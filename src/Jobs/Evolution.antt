-- ===== src/Jobs/Evolution.antt =====
-- How the jobs table may change in one request: the status machine and what each row keeps.
use certheim.Base.{
  All, Bool, Bool-cases, List, Option, Text, [], any, arith, false, find, inl, inr, nat_eq, none,
  option_eq, refl, some, text_eq, true, update_where, ◌++◌, ◌∙◌, ◌∷◌, ◌≡◌,
}
use certheim.Jobs.Keys.{All-row_with_id, IsKeyed, IsKeyed-append, IsKeyed-update_where, row_with_id}
use certheim.Store.{Job, Status, status_eq}
use certheim.Crypto.{Openssl, verify_cert_matches_csr}

-- What a status can turn into over any number of requests. Only pending and issued jobs change.
abbrev pub can_become : Status → Status → Bool
can_become Status.pending _ = true
can_become Status.issued Status.issued = true
can_become Status.issued Status.expired = true
can_become Status.issued Status.revoked = true
can_become Status.failed Status.failed = true
can_become Status.cancelled Status.cancelled = true
can_become Status.expired Status.expired = true
can_become Status.revoked Status.revoked = true
can_become _ _ = false

pub can_become_refl : (s : Status) → can_become s s ≡ true
can_become_refl Status.pending = refl
can_become_refl _ = refl

can_become_trans :
    (a b c : Status) → can_become a b ≡ true → can_become b c ≡ true → can_become a c ≡ true
can_become_trans a b c h k = ground arith

module _ (ssl : Openssl) where
  -- the stored certificate carries the key of the job's own CSR
  abbrev pub IsMatching : Text → Option Text → Type 0
  IsMatching csr none = ⊥
  IsMatching csr (some cert) = verify_cert_matches_csr ssl csr cert ≡ true

  -- what a row of a given status holds
  abbrev pub Holds : Status → Text → Option Text → Type 0
  Holds Status.issued csr cert = IsMatching csr cert
  Holds Status.expired csr cert = IsMatching csr cert
  Holds Status.revoked csr cert = IsMatching csr cert
  Holds _ csr cert = cert ≡ none

  abbrev pub IsCertified : Job → Type 0
  IsCertified j = Holds j.status j.csr_pem j.cert_pem

  pub record Moves (j k : Job) : Type 0 where
    pub id_kept : k.id ≡ j.id
    pub csr_kept : k.csr_pem ≡ j.csr_pem
    pub requester_kept : k.requester_dn ≡ j.requester_dn
    pub host_kept : k.target_host ≡ j.target_host
    pub moved : can_become j.status k.status ≡ true
    pub certified : IsCertified j → IsCertified k

  -- no row is lost, each row moves as it may, and what is added is certified
  abbrev pub Evolves : List Job → List Job → Type 0
  Evolves [] ys = All IsCertified ys
  Evolves (x ∷ xs) [] = ⊥
  Evolves (x ∷ xs) (y ∷ ys) = Moves x y × Evolves xs ys

  pub Moves-refl : (j : Job) → Moves j j
  Moves-refl j = record {
    id_kept = refl;
    csr_kept = refl;
    requester_kept = refl;
    host_kept = refl;
    moved = can_become_refl j.status;
    certified = λ h. h;
  }

  -- A row that keeps its status, its CSR, its certificate and the rest moves.
  pub Moves-same :
      (j k : Job)
      → k.id ≡ j.id
      → k.csr_pem ≡ j.csr_pem
      → k.requester_dn ≡ j.requester_dn
      → k.target_host ≡ j.target_host
      → k.status ≡ j.status
      → k.cert_pem ≡ j.cert_pem
      → Moves j k
  Moves-same j k id csr requester host status cert = record {
    id_kept = id;
    csr_kept = csr;
    requester_kept = requester;
    host_kept = host;
    moved = rw status (can_become_refl j.status);
    certified = rw (status, csr, cert) (λ h. h);
  }

  Moves-trans : (j k l : Job) → Moves j k → Moves k l → Moves j l
  Moves-trans j k l a b = record {
    id_kept = b.id_kept ∙ a.id_kept;
    csr_kept = b.csr_kept ∙ a.csr_kept;
    requester_kept = b.requester_kept ∙ a.requester_kept;
    host_kept = b.host_kept ∙ a.host_kept;
    moved = can_become_trans j.status k.status l.status a.moved b.moved;
    certified = λ h. b.certified (a.certified h);
  }

  pub Evolves-refl : (js : List Job) → Evolves js js
  Evolves-refl [] = tt
  Evolves-refl (j ∷ js) = (Moves-refl j, Evolves-refl js)

  -- An update moves the table if it moves each row that it selects.
  pub Evolves-update_where :
      (p : Job → Bool) (f : Job → Job)
      → ((j : Job) → p j ≡ true → Moves j (f j))
      → (js : List Job) → Evolves js (update_where p f js)
  Evolves-update_where p f step [] = tt
  Evolves-update_where p f step (j ∷ js) = elim (Bool-cases (p j)) [
    | inl hit ↦ rw hit (step j hit, Evolves-update_where p f step js)
    | inr miss ↦ rw miss (Moves-refl j, Evolves-update_where p f step js)
  ]

  pub Evolves-append : (js : List Job) (new : Job) → IsCertified new → Evolves js (js ++ new ∷ [])
  Evolves-append [] new h = (h, tt)
  Evolves-append (j ∷ js) new h = (Moves-refl j, Evolves-append js new h)

  pub Evolves-append-All : (js news : List Job) → All IsCertified news → Evolves js (js ++ news)
  Evolves-append-All [] news h = h
  Evolves-append-All (j ∷ js) news h = (Moves-refl j, Evolves-append-All js news h)

  -- A certified table stays certified.
  pub IsCertified-Evolves :
      (js ks : List Job) → Evolves js ks → All IsCertified js → All IsCertified ks
  IsCertified-Evolves [] [] e h = tt
  IsCertified-Evolves [] (k ∷ ks) e h = (e.0, IsCertified-Evolves [] ks e.1 tt)
  IsCertified-Evolves (j ∷ js) [] e h = absurd e
  IsCertified-Evolves (j ∷ js) (k ∷ ks) e h = (e.0.certified h.0, IsCertified-Evolves js ks e.1 h.1)

  pub Evolves-trans : (js ks ls : List Job) → Evolves js ks → Evolves ks ls → Evolves js ls
  Evolves-trans [] ks ls a b = IsCertified-Evolves ks ls b a
  Evolves-trans (j ∷ js) [] ls a b = absurd a
  Evolves-trans (j ∷ js) (k ∷ ks) [] a b = absurd b
  Evolves-trans (j ∷ js) (k ∷ ks) (l ∷ ls) a b =
      (Moves-trans j k l a.0 b.0, Evolves-trans js ks ls a.1 b.1)

module _ (ssl : Openssl) where
  -- An update moves the table if it moves each row that it selects.
  pub Evolves-update-All :
      (p : Job → Bool) (f : Job → Job) (js : List Job)
      → All (λ j. p j ≡ true → Moves ssl j (f j)) js
      → Evolves ssl js (update_where p f js)
  Evolves-update-All p f [] step = tt
  Evolves-update-All p f (j ∷ js) step = elim (Bool-cases (p j)) [
    | inl hit ↦ rw hit (step.0 hit, Evolves-update-All p f js step.1)
    | inr miss ↦ rw miss (Moves-refl ssl j, Evolves-update-All p f js step.1)
  ]

  -- What one request may do to a keyed table.
  abbrev pub Steps : List Job → List Job → Type 0
  Steps js ks = IsKeyed js → IsKeyed ks × Evolves ssl js ks

  pub Steps-refl : (js : List Job) → Steps js js
  Steps-refl js h = (h, Evolves-refl ssl js)

  pub Steps-trans : (js ks ls : List Job) → Steps js ks → Steps ks ls → Steps js ls
  Steps-trans js ks ls a b h =
      let (hk, e) = a h in let (hl, e') = b hk in (hl, Evolves-trans ssl js ks ls e e')

  pub Steps-update_where :
      (p : Job → Bool) (f : Job → Job)
      → ((j : Job) → (f j).id ≡ j.id)
      → ((j : Job) → p j ≡ true → Moves ssl j (f j))
      → (js : List Job) → Steps js (update_where p f js)
  Steps-update_where p f same step js h =
      (IsKeyed-update_where p f same js h, Evolves-update_where ssl p f step js)

  -- An update by id moves the table if it moves the row that the id finds.
  pub Steps-update_found :
      (job_id : Text) (f : Job → Job) (row : Job)
      → ((j : Job) → (f j).id ≡ j.id)
      → Moves ssl row (f row)
      → (js : List Job) → find (row_with_id job_id) js ≡ some row
      → Steps js (update_where (row_with_id job_id) f js)
  Steps-update_found job_id f row same step js e h = (
    IsKeyed-update_where (row_with_id job_id) f same js h,
    Evolves-update-All (row_with_id job_id) f js
        (All-row_with_id (λ j. Moves ssl j (f j)) job_id row js h e step),
  )

  pub Steps-append :
      (new : Job) (js : List Job)
      → any (row_with_id new.id) js ≡ false
      → IsCertified ssl new
      → Steps js (js ++ new ∷ [])
  Steps-append new js fresh c h = (IsKeyed-append new js fresh h, Evolves-append ssl js new c)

-- Exercise details --
Whenever a line in the records above contains the string "news", copy that line.

-- Output --
  pub Evolves-append-All : (js news : List Job) → All IsCertified news → Evolves js (js ++ news)
  Evolves-append-All [] news h = h
  Evolves-append-All (j ∷ js) news h = (Moves-refl j, Evolves-append-All js news h)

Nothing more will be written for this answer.